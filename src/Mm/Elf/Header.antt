-- ===== src/Mm/Elf/Header.antt =====
-- Headers written in little-endian words are what parsing gives back.
use theory_os.Base.{ℕ, ◌^◌, ◌≤◌, ◌<◌, ◌≡◌, refl, ap, arith, false, List, [], ◌∷◌, ◌++◌, ltb, length}
use theory_os.Base.Bytes.{to_le_bytes, from_le_bytes, from_le_bytes-to_le_bytes, Cells, on_cells}
use theory_os.Mm.Elf.{Elf64Ehdr, ok, parse_ehdr, read_ehdr}

-- The header as the file format lays it out.
abbrev pub header_bytes : Elf64Ehdr → List ℕ
header_bytes h =
    h.e_ident
    ++ to_le_bytes 2 h.e_type
    ++ to_le_bytes 2 h.e_machine
    ++ to_le_bytes 4 h.e_version
    ++ to_le_bytes 8 h.e_entry
    ++ to_le_bytes 8 h.e_phoff
    ++ to_le_bytes 8 h.e_shoff
    ++ to_le_bytes 4 h.e_flags
    ++ to_le_bytes 2 h.e_ehsize
    ++ to_le_bytes 2 h.e_phentsize
    ++ to_le_bytes 2 h.e_phnum
    ++ to_le_bytes 2 h.e_shentsize
    ++ to_le_bytes 2 h.e_shnum
    ++ to_le_bytes 2 h.e_shstrndx

-- The fields fit their types.
pub record IsHeader (h : Elf64Ehdr) : Type 0 where
  pub ident : length h.e_ident ≡ 16
  pub type_fits : h.e_type < 256 ^ 2
  pub machine : h.e_machine < 256 ^ 2
  pub version : h.e_version < 256 ^ 4
  pub entry : h.e_entry < 256 ^ 8
  pub phoff : h.e_phoff < 256 ^ 8
  pub shoff : h.e_shoff < 256 ^ 8
  pub flags : h.e_flags < 256 ^ 4
  pub ehsize : h.e_ehsize < 256 ^ 2
  pub phentsize : h.e_phentsize < 256 ^ 2
  pub phnum : h.e_phnum < 256 ^ 2
  pub shentsize : h.e_shentsize < 256 ^ 2
  pub shnum : h.e_shnum < 256 ^ 2
  pub shstrndx : h.e_shstrndx < 256 ^ 2

length_named :
    (h : Elf64Ehdr) (rest : List ℕ)
    → Cells 16 (λ ident.
      length ident ≡ 16 → 64 ≤ length (header_bytes (record h { e_ident = ident }) ++ rest))
length_named h rest b0 b1 b2 b3 b4 b5 b6 b7 b8 b9 b10 b11 b12 b13 b14 b15 (x ∷ more) e =
    absurd (omega (arith, e))
length_named h rest b0 b1 b2 b3 b4 b5 b6 b7 b8 b9 b10 b11 b12 b13 b14 b15 [] e = omega arith

length-header_bytes :
    (h : Elf64Ehdr) (rest : List ℕ) → length h.e_ident ≡ 16 → 64 ≤ length (header_bytes h ++ rest)
length-header_bytes h rest e =
    on_cells 16
      (λ ident.
        length ident ≡ 16 → 64 ≤ length (header_bytes (record h { e_ident = ident }) ++ rest))
      (length_named h rest) h.e_ident (omega (arith, e)) e

word : (n v : ℕ) → v < 256 ^ n → from_le_bytes (to_le_bytes n v) ≡ v
word = from_le_bytes-to_le_bytes

-- The header with the sixteen bytes named.
read_named :
    (h : Elf64Ehdr) (rest : List ℕ)
    → IsHeader h
    → Cells 16 (λ ident.
      length ident ≡ 16
      → read_ehdr (header_bytes (record h { e_ident = ident }) ++ rest)
        ≡ record h { e_ident = ident })
read_named h rest fits b0 b1 b2 b3 b4 b5 b6 b7 b8 b9 b10 b11 b12 b13 b14 b15 (x ∷ more) e =
    absurd (omega (arith, e))
read_named h rest fits b0 b1 b2 b3 b4 b5 b6 b7 b8 b9 b10 b11 b12 b13 b14 b15 [] e =
    rw
      (
        word 2 h.e_type fits.type_fits,
        word 2 h.e_machine fits.machine,
        word 4 h.e_version fits.version,
        word 8 h.e_entry fits.entry,
        word 8 h.e_phoff fits.phoff,
        word 8 h.e_shoff fits.shoff,
        word 4 h.e_flags fits.flags,
        word 2 h.e_ehsize fits.ehsize,
        word 2 h.e_phentsize fits.phentsize,
        word 2 h.e_phnum fits.phnum,
        word 2 h.e_shentsize fits.shentsize,
        word 2 h.e_shnum fits.shnum,
        word 2 h.e_shstrndx fits.shstrndx,
      )
      refl

-- A header at the front of a file is what `parse_ehdr` reads, whatever stands behind it.
pub parse_ehdr-header_bytes :
    (h : Elf64Ehdr) (rest : List ℕ) → IsHeader h → parse_ehdr (header_bytes h ++ rest) ≡ ok h
unfolding parse_ehdr
parse_ehdr-header_bytes h rest fits =
    let long : ltb (length (header_bytes h ++ rest)) 64 ≡ false =
      ground (arith, length-header_bytes h rest fits.ident) in
    rw long (
      ap ok (
        on_cells 16
          (λ ident.
            length ident ≡ 16
            → read_ehdr (header_bytes (record h { e_ident = ident }) ++ rest)
              ≡ record h { e_ident = ident })
          (read_named h rest fits) h.e_ident (omega (arith, fits.ident)) fits.ident))
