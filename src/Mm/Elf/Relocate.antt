-- ===== src/Mm/Elf/Relocate.antt =====
-- kernel/src/mm/elf/relocate.rs: the entries of a relocation table. An addend is the word of 64 bits
-- that stands for it; `write` is what the loader does with an address and a value.
use theory_os.Base.{
  ℕ, ◌+◌, ◌/◌, ◌%◌, ◌^◌, ◌≡◌, ◌≢◌, refl, sym, ap, ◌∙◌, arith, Bool, ◌&&◌, ◌||◌, Option, none, some,
  List, [], ◌∷◌, ◌++◌, ◌==◌, if◌then◌else◌, All, All-append,
}

abbrev pub r_x86_64_none : ℕ
r_x86_64_none = 0

abbrev pub r_x86_64_64 : ℕ
r_x86_64_64 = 1

abbrev pub r_x86_64_glob_dat : ℕ
r_x86_64_glob_dat = 6

abbrev pub r_x86_64_jump_slot : ℕ
r_x86_64_jump_slot = 7

abbrev pub r_x86_64_relative : ℕ
r_x86_64_relative = 8

abbrev pub r_x86_64_irelative : ℕ
r_x86_64_irelative = 37

pub record Elf64Rela : Type 0 where
  pub r_offset : ℕ
  pub r_info : ℕ
  pub r_addend : ℕ

pub data RelocError : Type 0 where
  unknown_type : ℕ → RelocError
  bad_offset : RelocError

pub data Reloc (S : Type 0) : Type 0 where
  ok : S → Reloc S
  err : RelocError → Reloc S

abbrev pub wrapping_add : ℕ → ℕ → ℕ
wrapping_add a b = (a + b) % 2 ^ 64

abbrev pub unwrap_or : Option ℕ → ℕ → ℕ
unwrap_or none other = other
unwrap_or (some v) other = v

abbrev pub reloc_type : Elf64Rela → ℕ
reloc_type rela = rela.r_info % 2 ^ 32

module _ {S : Type 0} (load_base : ℕ) (resolve : S → ℕ → Option ℕ) (write : ℕ → ℕ → S → Reloc S)
    (allow_irelative : Bool) where
  -- One entry, with the memory before it and after it; on an error the memory is what it was.
  unfoldable pub apply_rela_entry : Elf64Rela → S → Reloc S
  apply_rela_entry rela mem =
      if reloc_type rela == r_x86_64_none
      then ok mem
      else if reloc_type rela == r_x86_64_relative
      then write rela.r_offset (wrapping_add load_base rela.r_addend) mem
      else if (reloc_type rela == r_x86_64_64)
          || (reloc_type rela == r_x86_64_glob_dat)
          || (reloc_type rela == r_x86_64_jump_slot)
      then write rela.r_offset
          (wrapping_add (unwrap_or (resolve mem (rela.r_info / 2 ^ 32)) 0) rela.r_addend) mem
      else if (reloc_type rela == r_x86_64_irelative) && allow_irelative
      then write rela.r_offset
          (unwrap_or (resolve mem (wrapping_add load_base rela.r_addend))
            (wrapping_add load_base rela.r_addend))
          mem
      else err (unknown_type (reloc_type rela))

  -- The answer, and the memory that the entries up to an error have left.
  unfoldable pub apply_rela_table : List Elf64Rela → S → Option RelocError × S
  unfolding apply_rela_entry
  apply_rela_table [] mem = (none, mem)
  apply_rela_table (rela ∷ entries) mem = elim (apply_rela_entry rela mem) [
    | ok mem' ↦ apply_rela_table entries mem'
    | err e ↦ (some e, mem)
  ]

unfoldable pub rela_count : ℕ → ℕ → ℕ
rela_count relasz relaent = if relaent == 0 then 0 else relasz / relaent

-- Memory by words, where every write succeeds.
abbrev pub Words : Type 0
Words = ℕ → ℕ

abbrev pub put : ℕ → ℕ → Words → Reloc Words
put addr value mem = ok (λ a. if a == addr then value else mem a)

-- A table of relative entries.
abbrev pub AllRelative : List Elf64Rela → Type 0
AllRelative = All (λ rela. reloc_type rela ≡ r_x86_64_relative)

-- No entry is for the address.
abbrev pub Untouched : ℕ → List Elf64Rela → Type 0
Untouched addr = All (λ rela. rela.r_offset ≢ addr)

abbrev relocated : ℕ → Elf64Rela → Words → Words
relocated load_base rela mem =
    λ a. if a == rela.r_offset then wrapping_add load_base rela.r_addend else mem a

module _ (load_base : ℕ) (resolve : Words → ℕ → Option ℕ) (allow : Bool) where
  apply_one :
      (rela : Elf64Rela) (mem : Words)
      → reloc_type rela ≡ r_x86_64_relative
      → apply_rela_entry load_base resolve put allow rela mem ≡ ok (relocated load_base rela mem)
  unfolding apply_rela_entry
  apply_one rela mem r = rw (r, apply_rela_entry) refl

  apply_first :
      (rela : Elf64Rela) (entries : List Elf64Rela) (mem : Words)
      → reloc_type rela ≡ r_x86_64_relative
      → apply_rela_table load_base resolve put allow (rela ∷ entries) mem
        ≡ apply_rela_table load_base resolve put allow entries (relocated load_base rela mem)
  unfolding apply_rela_table
  apply_first rela entries mem r = rw (apply_one rela mem r, apply_rela_table) refl

  apply_rela_table-none :
      (entries : List Elf64Rela) (mem : Words)
      → AllRelative entries
      → (apply_rela_table load_base resolve put allow entries mem).0 ≡ none
  unfolding apply_rela_table
  apply_rela_table-none [] mem all = refl
  apply_rela_table-none (rela ∷ entries) mem (r, all) =
      ap (λ x. x.0) (apply_first rela entries mem r)
      ∙ apply_rela_table-none entries (relocated load_base rela mem) all

  untouched_lem :
      (addr : ℕ) (entries : List Elf64Rela) (mem : Words)
      → AllRelative entries
      → Untouched addr entries
      → (apply_rela_table load_base resolve put allow entries mem).1 addr ≡ mem addr
  unfolding apply_rela_table
  untouched_lem addr [] mem all others = refl
  untouched_lem addr (rela ∷ entries) mem (r, all) (other, others) =
      ap (λ x. x.1 addr) (apply_first rela entries mem r)
      ∙ untouched_lem addr entries (relocated load_base rela mem) all others
      ∙ ground (arith, other)

  apply_rela_table-append :
      (before behind : List Elf64Rela) (mem : Words)
      → AllRelative before
      → apply_rela_table load_base resolve put allow (before ++ behind) mem
        ≡ apply_rela_table load_base resolve put allow behind
            (apply_rela_table load_base resolve put allow before mem).1
  unfolding apply_rela_table
  apply_rela_table-append [] behind mem all = refl
  apply_rela_table-append (rela ∷ before) behind mem (r, all) =
      apply_first rela (before ++ behind) mem r
      ∙ apply_rela_table-append before behind (relocated load_base rela mem) all
      ∙ ap (λ x. apply_rela_table load_base resolve put allow behind x.1)
          (sym (apply_first rela before mem r))

-- A table of relative entries is applied without an error; a word of memory is then the base plus
-- the addend, modulo 2^64, of the last entry for its address, and what it was where there is none.
pub apply_rela_table_lem :
    (load_base : ℕ) (resolve : Words → ℕ → Option ℕ) (allow : Bool) (before : List Elf64Rela)
    (rela : Elf64Rela) (behind : List Elf64Rela) (mem : Words) (addr : ℕ)
    → AllRelative before
    → reloc_type rela ≡ r_x86_64_relative
    → AllRelative behind
    → ((apply_rela_table load_base resolve put allow (before ++ (rela ∷ behind)) mem).0 ≡ none)
      × (Untouched rela.r_offset behind
          → (apply_rela_table load_base resolve put allow (before ++ (rela ∷ behind)) mem).1
              rela.r_offset
            ≡ (load_base + rela.r_addend) % 2 ^ 64)
      × (Untouched addr (before ++ (rela ∷ behind))
          → (apply_rela_table load_base resolve put allow (before ++ (rela ∷ behind)) mem).1 addr
            ≡ mem addr)
apply_rela_table_lem load_base resolve allow before rela behind mem addr rb r rr =
    let all : AllRelative (before ++ (rela ∷ behind)) =
      All-append (λ x. reloc_type x ≡ r_x86_64_relative) before (rela ∷ behind) rb (r, rr) in
    (
      apply_rela_table-none load_base resolve allow (before ++ (rela ∷ behind)) mem all,
      (λ others.
          ap (λ x. x.1 rela.r_offset)
            (apply_rela_table-append load_base resolve allow before (rela ∷ behind) mem rb
              ∙ apply_first load_base resolve allow rela behind at r)
          ∙ untouched_lem load_base resolve allow rela.r_offset behind (relocated load_base rela at)
              rr others
          ∙ ground arith),
      λ others.
          untouched_lem load_base resolve allow addr (before ++ (rela ∷ behind)) mem all others,
    )
  where
    at : Words
    at = (apply_rela_table load_base resolve put allow before mem).1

### Required action
If a line in the records above holds the string "data", copy it.

### Written answer
pub data RelocError : Type 0 where
pub data Reloc (S : Type 0) : Type 0 where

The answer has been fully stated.